# SG Lord vom Gleisdreieck



## G-burg (Nov 10, 2002)

What traits (nerves, drive, aggression) did Lord pass on?

I know he's produced some notable dogs w/a couple of his litters really standing out over others.. 

Sara vom Bramberg and Kenja vom Klövensteener Forst.. 

Where there any other's?


----------



## NancyJ (Jun 15, 2003)

I cannot comment directly on Lord, though I do know some working SAR dogs that have him in their pedigree.

An interesting factoid - his name means lord of the railroad wye
A wye is a place where three tracks come together and a triangle is formed for allowing the trains to change direction. 

They are somewhat common in the US as much of our railroad system is single rail where trains run both directions, but much of Europe is double rail with dedicated directional lines and they are a less common occurrence.


----------



## Hellismd (Aug 17, 2007)

Tessa is a decendent via her sire - Xento von Hena-C and his sire SG Alk von Osterberg Quell...


----------



## wolfstraum (May 2, 2003)

Manto Kahlenbach is probably the most notable Lord son in Germany right now. He is being used alot on "sportier" litters.
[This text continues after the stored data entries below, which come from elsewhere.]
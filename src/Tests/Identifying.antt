-- ===== src/Tests/Identifying.antt =====
-- The theorems on accounts, at concrete requests.
use legal_ai_copilot.Prelude.{String, true, false, none, some, [], ◌∷◌, ◌≡◌, ◌≢◌, refl, arith}
use legal_ai_copilot.Models.{UserRole}
use legal_ai_copilot.Http.{Reply, ok, http}
use legal_ai_copilot.Accounts.Rows.{Accounts}
use legal_ai_copilot.Accounts.Context.{
  Claims, AuthContext, SupabaseAuthContext, build_supabase_auth_context, get_auth_context,
  find_email, find_membership,
}
use legal_ai_copilot.Accounts.Resolve.{Headers, get_org_id_unified}
use legal_ai_copilot.Accounts.Resolving.{Stands, get_org_id_unified-Stands}
use legal_ai_copilot.Accounts.Building.{build-again}
use legal_ai_copilot.Prelude.Table.{select, select_one, exists_where, update_where}
use legal_ai_copilot.Accounts.Rows.{slice}
use legal_ai_copilot.Accounts.Signup.{LoginRequest, Issued, login}
use legal_ai_copilot.Accounts.Invites.{
  Environment, invite_row, generate_invite, invite_info, verify_token,
}
use legal_ai_copilot.Accounts.Joins.{accept_invite}
use legal_ai_copilot.Accounts.Keys.{revoke_key, remove_member, without}
use legal_ai_copilot.Accounts.Accepting.{with_key, with_profile, accept}
use legal_ai_copilot.Accounts.Once.{retry, retries, accept-once}
use legal_ai_copilot.Accounts.Presenting.{login-get_auth_context, revoke_key-get_auth_context}
use legal_ai_copilot.Accounts.Cleanup.{cleanup_expired_invites}
use legal_ai_copilot.Accounts.Cleaning.{cleanup-invite_info}
use legal_ai_copilot.Accounts.Inviting.{generate_invite-invite_info, remove_member-get_auth_context}
use legal_ai_copilot.Accounts.Tokens.{Jose, good, Fetch, Cache, verify_supabase_token}
use legal_ai_copilot.Accounts.Verified.{IsVerified, verify_supabase_token-IsVerified}
use legal_ai_copilot.Tests.Enrolled.{crypto, fresh, ada, bob, key, accounts, accounts-IsUnique}

abbrev ada_claims : Claims
ada_claims = record { sub = some "s1"; email = some "ada@x.org" }

abbrev bob_claims : Claims
bob_claims = record { sub = some "s2"; email = some "bob@x.org" }

abbrev verify : String → Reply Claims
verify token = ok ada_claims

abbrev headers : Headers
headers = record { authorization = some "Bearer abc"; x_api_key = none; x_active_org = some "acme" }

get_org_id_unified-Stands_example : Stands crypto fresh verify headers accounts accounts 1
unfolding get_org_id_unified select_one
get_org_id_unified-Stands_example =
    get_org_id_unified-Stands crypto fresh verify headers accounts {org = 1} {d' = accounts} refl

abbrev linked : Accounts
linked = record accounts { users = ada ∷ record bob { supabase_user_id = some "s2" } ∷ [] }

abbrev bob_context : SupabaseAuthContext
bob_context = record {
  org_id = 1;
  user = record bob { supabase_user_id = some "s2" };
  claims = bob_claims;
}

-- the first login links the account, and the second finds it
build-again_example :
    build_supabase_auth_context crypto (record fresh { now = 2000 }) bob_claims linked
    ≡ (ok bob_context, linked)
unfolding build_supabase_auth_context select_one update_where
build-again_example =
    build-again crypto fresh (record fresh { now = 2000 }) bob_claims accounts {ctx = bob_context}
      {d' = linked} accounts-IsUnique.user_ids refl

abbrev login_request : LoginRequest
login_request = record { email = "bob@x.org"; password = "secret" }

abbrev issued : Issued
issued = record { api_key = "sk_live_zzzz"; prefix = "sk_live_zzzz"; org_id = 1 }

abbrev after_login : Accounts
after_login = record accounts { api_keys = key 9 "sk_live_zzzz" 2 ∷ accounts.api_keys }

login-get_auth_context_example :
    (ctx : AuthContext) × (get_auth_context crypto "sk_live_zzzz" after_login
      ≡ (ok ctx, after_login))
    × (find_email "bob@x.org" accounts ≡ some ctx.user)
    × (crypto.verify_password "secret" ctx.user.hashed_password ≡ true)
    × (ctx.org_id ≡ 1)
unfolding login select_one exists_where slice
login-get_auth_context_example =
    login-get_auth_context crypto fresh login_request accounts {r = issued} {d' = after_login}
      accounts-IsUnique.user_ids refl

abbrev ada_key : AuthContext
ada_key = record { org_id = 1; user = ada; api_key = key 1 "sk_live_aaaa" 1 }

abbrev bob_key : AuthContext
bob_key = record { org_id = 1; user = bob; api_key = key 2 "sk_live_bbbb" 2 }

abbrev after_revoke : Accounts
after_revoke = record accounts {
  api_keys = key 1 "sk_live_aaaa" 1 ∷ record (key 2 "sk_live_bbbb" 2) { is_active = false } ∷ [];
}

revoke_key-get_auth_context_example :
    (get_auth_context crypto "sk_live_bbbb" after_revoke).0 ≡ http 401
unfolding revoke_key get_auth_context select select_one update_where
revoke_key-get_auth_context_example =
    revoke_key-get_auth_context crypto ada_key "sk_live_bbbb" accounts {d' = after_revoke}
      accounts-IsUnique.key_ids accounts-IsUnique.key_hashes refl "sk_live_bbbb" bob_key refl

-- the invite of Cy, accepted with a new key, and then by a new profile
abbrev environment : Environment
environment = record { service_role_key = false; supabase_url = false }

accept-once_example :
    (accept crypto fresh (with_profile environment none "Cy") "tok" (
      retries crypto
        (retry fresh (with_key "bob@x.org") "tik" ∷ [])
        (accept crypto fresh (with_key "cy@x.org") "tok" accounts).1)).0
    ≢ ok tt
unfolding accept_invite select_one exists_where update_where
accept-once_example =
    accept-once crypto fresh fresh (with_key "cy@x.org") (with_profile environment none "Cy") "tok"
      (retry fresh (with_key "bob@x.org") "tik" ∷ []) accounts accounts-IsUnique.invite_tokens refl

abbrev after_invite : Accounts
after_invite = record accounts {
  invites = invite_row fresh "di@x.org" 1 UserRole.associate "#zzzz" ∷ accounts.invites;
}

generate_invite-invite_info_example : (invite_info crypto 700000 "zzzz" after_invite).0 ≡ http 400
unfolding generate_invite exists_where
generate_invite-invite_info_example =
    generate_invite-invite_info crypto fresh ada_key 1 "di@x.org" UserRole.associate 700000 accounts
      {token = "zzzz"} {d' = after_invite} refl

abbrev after_removal : Accounts
after_removal = record accounts {
  memberships = record { user_id = 1; org_id = 1; role = UserRole.admin } ∷ [];
}

abbrev ada_context : SupabaseAuthContext
ada_context = record { org_id = 1; user = ada; claims = ada_claims }

-- Bob is removed, and Bob's API key still opens the organisation
remove_member-get_auth_context_example :
    (find_membership 2 1 after_removal ≡ none)
    × (get_auth_context crypto "sk_live_bbbb" after_removal ≡ (ok bob_key, after_removal))
unfolding remove_member get_auth_context select select_one without
remove_member-get_auth_context_example =
    remove_member-get_auth_context crypto ada_context 2 2 1 "sk_live_bbbb" bob_key accounts
      {d' = after_removal} refl refl

abbrev jose : Jose
jose = record {
  get_unverified_header = λ token. some (record { kid = some "k1"; alg = some "ES256" });
  construct = λ k. some k.material;
  verify = λ public_key token. good;
  decode = λ token public_key alg. some ada_claims;
}

abbrev fetch : Fetch
fetch = record {
  url = true;
  now = 90000;
  answer = some (record { kid = "k1"; material = "pem" } ∷ []);
  done_at = 90001;
}

abbrev fetched : Cache
fetched = record { jwks = some (record { kid = "k1"; material = "pem" } ∷ []); fetched_at = 90001 }

verify_supabase_token-IsVerified_example : IsVerified jose 90000 "abc" ada_claims fetched
unfolding verify_supabase_token select_one
verify_supabase_token-IsVerified_example =
    verify_supabase_token-IsVerified jose fetch "abc" (record { jwks = none; fetched_at = 0 })
      {claims = ada_claims} {after = fetched} (omega arith) refl

-- The invite of the token "tok" runs out at 5000.
cleanup-invite_info_example :
    ((invite_info crypto 6001 "tok" (cleanup_expired_invites 6000 accounts).1).0
      ≡ (invite_info crypto 6001 "tok" accounts).0)
    × ((verify_token crypto 6001 "tok" (cleanup_expired_invites 6000 accounts).1).0
        ≡ (verify_token crypto 6001 "tok" accounts).0)
cleanup-invite_info_example = cleanup-invite_info crypto 6000 6001 (omega arith) "tok" accounts

cleanup_deletes : cleanup_expired_invites 6000 accounts ≡ (ok 1, record accounts { invites = [] })
unfolding cleanup_expired_invites select
cleanup_deletes = refl
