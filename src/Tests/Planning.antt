-- ===== src/Tests/Planning.antt =====
-- The theorems on plans at a plan of two tasks.
use mathlib.Core.List.{Perm}
use legal_ai_copilot.Prelude.{
  zero, suc, none, some, List, [], ◌∷◌, ◌≡◌, true, All, map, if◌then◌else◌,
}
use legal_ai_copilot.Planner.{
  TaskDef, TaskState, results, raised, Dispatch, start, run_task, execute_plan,
}
use legal_ai_copilot.Planner.Finished.{
  is_finished, first_answer, three_attempts, has_some, run_task-states,
}
use legal_ai_copilot.Planner.Order.{IsOrdered, asked, asked_of, execute_plan-order}

abbrev search_task : TaskDef
search_task = record {
  task_id = some 7;
  tool = "hybrid_search";
  search_target = "indemnity";
  reason = "Find the cap";
  priority = 3;
}

abbrev graph_task : TaskDef
graph_task = record search_task { task_id = none; tool = "graph_search"; priority = 1 }

abbrev plan : List TaskDef
plan = search_task ∷ graph_task ∷ []

-- every tool fails twice and then has four results
abbrev flaky : Dispatch
flaky r zero = raised "timeout"
flaky r (suc zero) = raised "timeout"
flaky r (suc (suc attempt)) = results 4

run_task-states_example : (run_task flaky (start search_task 0)).state ≡ (
    if has_some (first_answer (three_attempts flaky (start search_task 0)))
    then TaskState.complete
    else TaskState.escalated)
run_task-states_example = run_task-states flaky (start search_task 0)

execute_plan-order_example :
    let log = execute_plan flaky plan in
    IsOrdered (map (λ r. r.priority) log)
    × ((sorted : List TaskDef) × Perm plan sorted × (map asked_of log ≡ map asked sorted))
    × All (λ r. is_finished r ≡ true) log
execute_plan-order_example = execute_plan-order flaky plan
You are goign to get alot of mixed reviews on Lord dogs. Alk for one. He was bred to so many females that did not cross well with him. I have talked to/heard lots from people who saw/knew Alk - including his owner Greg, and a German judge who knew him, and Baldaur Kranz. I am not going to debate his quality or his production here, as I know he is often "dissed".

Besides active social aggression, there is an independant or maybe







stubbornness associated with Lord. My Kyra is 2-5,5 on Lord, and carries Nessel 2x, with Pirol in that mix. Gary H. told me that most people could not put a Schh1 on a dog with that much Lord let alone a Schh3 - that was after she stopped and posed for hte photographer on a BIG brain fart at the MER a couple of years ago <VBS>.....Kyra has the independant thing down for sure. Not alot of toy drive (also really screwed up in her initial training as a pup!), she has extreme "real" prey, including herding instinct and LOL a penchent for car tires! 

The up side is that the Lord with what ever else worked so well with Kyra gave me super super super athletic ability, strong environmental and social nerves. A lot of civil aggression, but must be elicited, otherwise schutzhund was a game to her. Her progeny are more "up" and will play with a toy/ball, and are both working police dogs (Vermont State Police - certified patrol/narcotics/SAR) and sport dogs - albeit with a serious side. They have more suspicion than Kyra, and along with the "real" prey, they all have good drive for toy/prey in training. Csabre was evaluated as a pup by Shelley Fritzke, a board member, as having very good herding instinct as well.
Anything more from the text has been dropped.